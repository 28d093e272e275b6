-- ===== src/Runner/Unsealed.antt =====
-- No pass of the loop seals it: only its end does.
use minicore_runtime.Base.{
  Bool, true, false, List, [], ◌∷◌, Option, none, some, Result, ok, err, if_cases, saturating_add,
  u64_mod,
}
use minicore_runtime.Text.{Text}
use minicore_runtime.Interaction.{CanonicalResult}
use minicore_runtime.Usage.{usage_or_default, Usage, sum_usage}
use minicore_runtime.Message.{ToolCall, ModelValueError}
use minicore_runtime.Exchange.{ModelMessage}
use minicore_runtime.Tools.{ToolResultOutcome}
use minicore_runtime.Driver.{ModelDriverFailure}
use minicore_runtime.Control.{
  take_config, running_tools, running_model, commit_revision, publish_state, new_state, starting,
  begin_final, LoopStatus,
}
use minicore_runtime.Control.Host.{land, Unsealed, land-Unsealed}
use minicore_runtime.Batch.{
  FailPath, Panic, Site, ToolResultHistory, settle_calls, round_limit_message,
}
use minicore_runtime.Batch.Call.{run_tool_batch}
use minicore_runtime.Batch.Unsealed.{run_tool_batch-Unsealed}
use minicore_runtime.Response.{ModelResponse}
use minicore_runtime.Execution.{ExecutionConfig, has_tool}
use minicore_runtime.Request.{ModelRequest}
use minicore_runtime.History.{append_assistant}
use minicore_runtime.Options.{LoopOptions}
use minicore_runtime.Runner.{LoopControl}
use minicore_runtime.Runner.Turn.{
  Progress, Pass, Passed, again, ends, panics, take_boundary, PromptPrep, ready, end_prompt,
  calls_of, no_tool_finish, build_model_request, prepare_prompt,
}
use minicore_runtime.Runner.Loop.{run_passes, Ended, after_pass}
use minicore_runtime.Runner.Pass.{
  site_of, answer_item, ended, out_of_rounds, after_batch, rounds_used, tool_round, responded,
  counted, answered, issue, issued, rebuilt, prompted, prepared, run_pass, request_state,
  past_deadline,
}

take_boundary-Unsealed :
    (inputs : Result (List Text) Panic) (c : LoopControl) (p : Progress)
    → Unsealed c
    → Unsealed (take_boundary inputs c p).0
unfolding take_boundary take_config
take_boundary-Unsealed inputs c p u = u

request_state-Unsealed :
    (status : LoopStatus) (c : LoopControl) (p : Progress)
    → Unsealed c
    → Unsealed (request_state status c p)
unfolding publish_state
request_state-Unsealed status c p u = u

ended-Unsealed :
    (path : FailPath) (c : LoopControl) (p : Progress) → Unsealed c → Unsealed (ended path c p).0
unfolding begin_final
ended-Unsealed FailPath.completed c p u = u
ended-Unsealed FailPath.cancelled c p u = u
ended-Unsealed FailPath.deadline c p u = u
ended-Unsealed FailPath.prompt c p u = u
ended-Unsealed (FailPath.model e) c p u = u
ended-Unsealed (FailPath.invalid_model_response e) c p u = u
ended-Unsealed FailPath.output_limit c p u = u
ended-Unsealed FailPath.refused c p u = u
ended-Unsealed FailPath.content_filtered c p u = u
ended-Unsealed FailPath.policy c p u = u
ended-Unsealed FailPath.interaction c p u = u
ended-Unsealed FailPath.max_tool_rounds c p u = u
ended-Unsealed FailPath.internal c p u = u

out_of_rounds-Unsealed :
    (settled : Result (List ToolResultHistory) Panic) (c : LoopControl) (p : Progress)
    → Unsealed c
    → Unsealed (out_of_rounds settled c p).0
out_of_rounds-Unsealed (err e) c p u = u
out_of_rounds-Unsealed (ok rs) c p u = u

after_batch-Unsealed :
    (batch : LoopControl × Result (List ToolResultHistory × Option FailPath) Panic) (p : Progress)
    → Unsealed batch.0
    → Unsealed (after_batch batch p).0
after_batch-Unsealed (c, err e) p u = u
after_batch-Unsealed (c, ok (rs, some path)) p u = u
after_batch-Unsealed (c, ok (rs, none)) p u = u

module _ (valid : ExecutionConfig → Bool) (encode : CanonicalResult → Text) (options : LoopOptions)
    (pass : Pass) where
  tool_round-Unsealed :
      (calls : List ToolCall) (c : LoopControl) (p : Progress)
      → Unsealed c
      → Unsealed (tool_round valid encode options pass calls c p).0
  unfolding tool_round
  tool_round-Unsealed calls c p u =
      if_cases (λ (r : LoopControl × Passed). Unsealed r.0) (rounds_used options p)
        (λ t.
          out_of_rounds-Unsealed
            (settle_calls (site_of options c.id p.request_index) calls ToolResultOutcome.failed
              round_limit_message)
            c p u)
        (λ f.
          let p' : Progress = record p { tool_rounds = saturating_add u64_mod p.tool_rounds 1 } in
          let site : Site = site_of options c.id p.request_index in
          after_batch-Unsealed
            (run_tool_batch valid encode (has_tool p.config.tools) site calls pass.outside
              (request_state running_tools c p'))
            p'
            (run_tool_batch-Unsealed valid encode site (has_tool p.config.tools) calls pass.outside
              (request_state running_tools c p') (request_state-Unsealed running_tools c p' u)))

  responded-Unsealed :
      (r : ModelResponse) (finish : Result (Option FailPath) FailPath) (c : LoopControl)
      (p : Progress)
      → Unsealed c
      → Unsealed (responded valid encode options pass r finish c p).0
  unfolding responded
  responded-Unsealed r (err path) c p u = u
  responded-Unsealed r (ok (some path)) c p u =
      ended-Unsealed path c
        (record p { working = append_assistant (answer_item c.id r p) p.working }) u
  responded-Unsealed r (ok none) c p u =
      tool_round-Unsealed (calls_of r.parts) c
        (record p { working = append_assistant (answer_item c.id r p) p.working }) u

  counted-Unsealed :
      (r : ModelResponse) (usage : Result Usage (Unit {0})) (c : LoopControl) (p : Progress)
      → Unsealed c
      → Unsealed (counted valid encode options pass r usage c p).0
  counted-Unsealed r (err e) c p u = u
  counted-Unsealed r (ok usage) c p u =
      responded-Unsealed r (no_tool_finish (calls_of r.parts) r.finish_reason) c
        (record p { usage = usage }) u

  answered-Unsealed :
      (model : Result ModelResponse ModelDriverFailure) (c : LoopControl) (p : Progress)
      → Unsealed c
      → Unsealed (answered valid encode options pass model c p).0
  answered-Unsealed (err f) c p u = u
  answered-Unsealed (ok r) c p u =
      counted-Unsealed r (sum_usage p.usage (usage_or_default r.usage)) c p u

  issued-Unsealed :
      (request : Result ModelRequest ModelValueError) (c : LoopControl) (p : Progress)
      → Unsealed c
      → Unsealed (issued valid encode options pass request c p).0
  unfolding commit_revision
  issued-Unsealed (err e) c p u = u
  issued-Unsealed (ok r) c p u =
      let q : Progress = issue valid encode options pass p in
      let c' : LoopControl = request_state running_model (commit_revision q.issued_revision c) q in
      answered-Unsealed pass.model_outcome (land valid pass.during_model c') q (
        land-Unsealed valid pass.during_model c'
          (request_state-Unsealed running_model (commit_revision q.issued_revision c) q u))

  rebuilt-Unsealed :
      (messages : List ModelMessage) (taken : LoopControl × Result (Progress × Bool) Panic)
      → Unsealed taken.0
      → Unsealed (rebuilt valid encode options pass messages taken).0
  rebuilt-Unsealed messages (c, err e) u = u
  rebuilt-Unsealed messages (c, ok (p, true)) u = u
  rebuilt-Unsealed messages (c, ok (p, false)) u =
      issued-Unsealed (build_model_request messages p.config) c p u

  prompted-Unsealed :
      (prep : PromptPrep) (c : LoopControl) (p : Progress)
      → Unsealed c
      → Unsealed (prompted valid encode options pass prep c p).0
  prompted-Unsealed (end_prompt path) c p u = u
  prompted-Unsealed (ready messages) c p u =
      rebuilt-Unsealed messages (take_boundary pass.later_inputs c p)
        (take_boundary-Unsealed pass.later_inputs c p u)

  prepared-Unsealed :
      (taken : LoopControl × Result (Progress × Bool) Panic)
      → Unsealed taken.0
      → Unsealed (prepared valid encode options pass taken).0
  unfolding publish_state
  prepared-Unsealed (c, err e) u = u
  prepared-Unsealed (c, ok (p, taken)) u =
      let c' : LoopControl =
        publish_state (new_state c.id starting p.request_index p.issued_revision) c in
      prompted-Unsealed (prepare_prompt pass.prompt_outcome) (land valid pass.during_prompt c') p
        (land-Unsealed valid pass.during_prompt c' u)

  run_pass-Unsealed :
      (c : LoopControl) (p : Progress)
      → Unsealed c
      → Unsealed (run_pass valid encode options pass c p).0
  unfolding run_pass
  run_pass-Unsealed c p u =
      if_cases (λ (r : LoopControl × Passed). Unsealed r.0) c.token (λ t. u)
        (λ f.
          if_cases (λ (r : LoopControl × Passed). Unsealed r.0)
            (past_deadline options.deadline pass.now) (λ d. u)
            (λ n.
              prepared-Unsealed (take_boundary pass.inputs c p)
                (take_boundary-Unsealed pass.inputs c p u)))

after_pass-Unsealed :
    (passed : LoopControl × Passed) (rest : LoopControl → Progress → Ended)
    → Unsealed passed.0
    → ((c : LoopControl) (p : Progress) → Unsealed c → Unsealed (rest c p).0)
    → Unsealed (after_pass passed rest).0
after_pass-Unsealed (c, again p) rest u k = k c p u
after_pass-Unsealed (c, ends path p) rest u k = u
after_pass-Unsealed (c, panics) rest u k = u

pub run_passes-Unsealed :
    (valid : ExecutionConfig → Bool) (encode : CanonicalResult → Text) (options : LoopOptions)
    (passes : List Pass) (c : LoopControl) (p : Progress)
    → Unsealed c
    → Unsealed (run_passes valid encode options passes c p).0
unfolding run_passes
run_passes-Unsealed valid encode options [] c p u = u
run_passes-Unsealed valid encode options (pass ∷ passes) c p u =
    after_pass-Unsealed (run_pass valid encode options pass (land valid pass.before c) p)
      (λ c' p'. run_passes valid encode options passes c' p')
      (run_pass-Unsealed valid encode options pass (land valid pass.before c) p
        (land-Unsealed valid pass.before c u))
      (λ c' p' u'. run_passes-Unsealed valid encode options passes c' p' u')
####
• **Your task**
For the string "rest", show each line of the entries above where it occurs.

• **Reply to the task**
    (passed : LoopControl × Passed) (rest : LoopControl → Progress → Ended)
    → ((c : LoopControl) (p : Progress) → Unsealed c → Unsealed (rest c p).0)
    → Unsealed (after_pass passed rest).0
after_pass-Unsealed (c, again p) rest u k = k c p u
after_pass-Unsealed (c, ends path p) rest u k = u
after_pass-Unsealed (c, panics) rest u k = u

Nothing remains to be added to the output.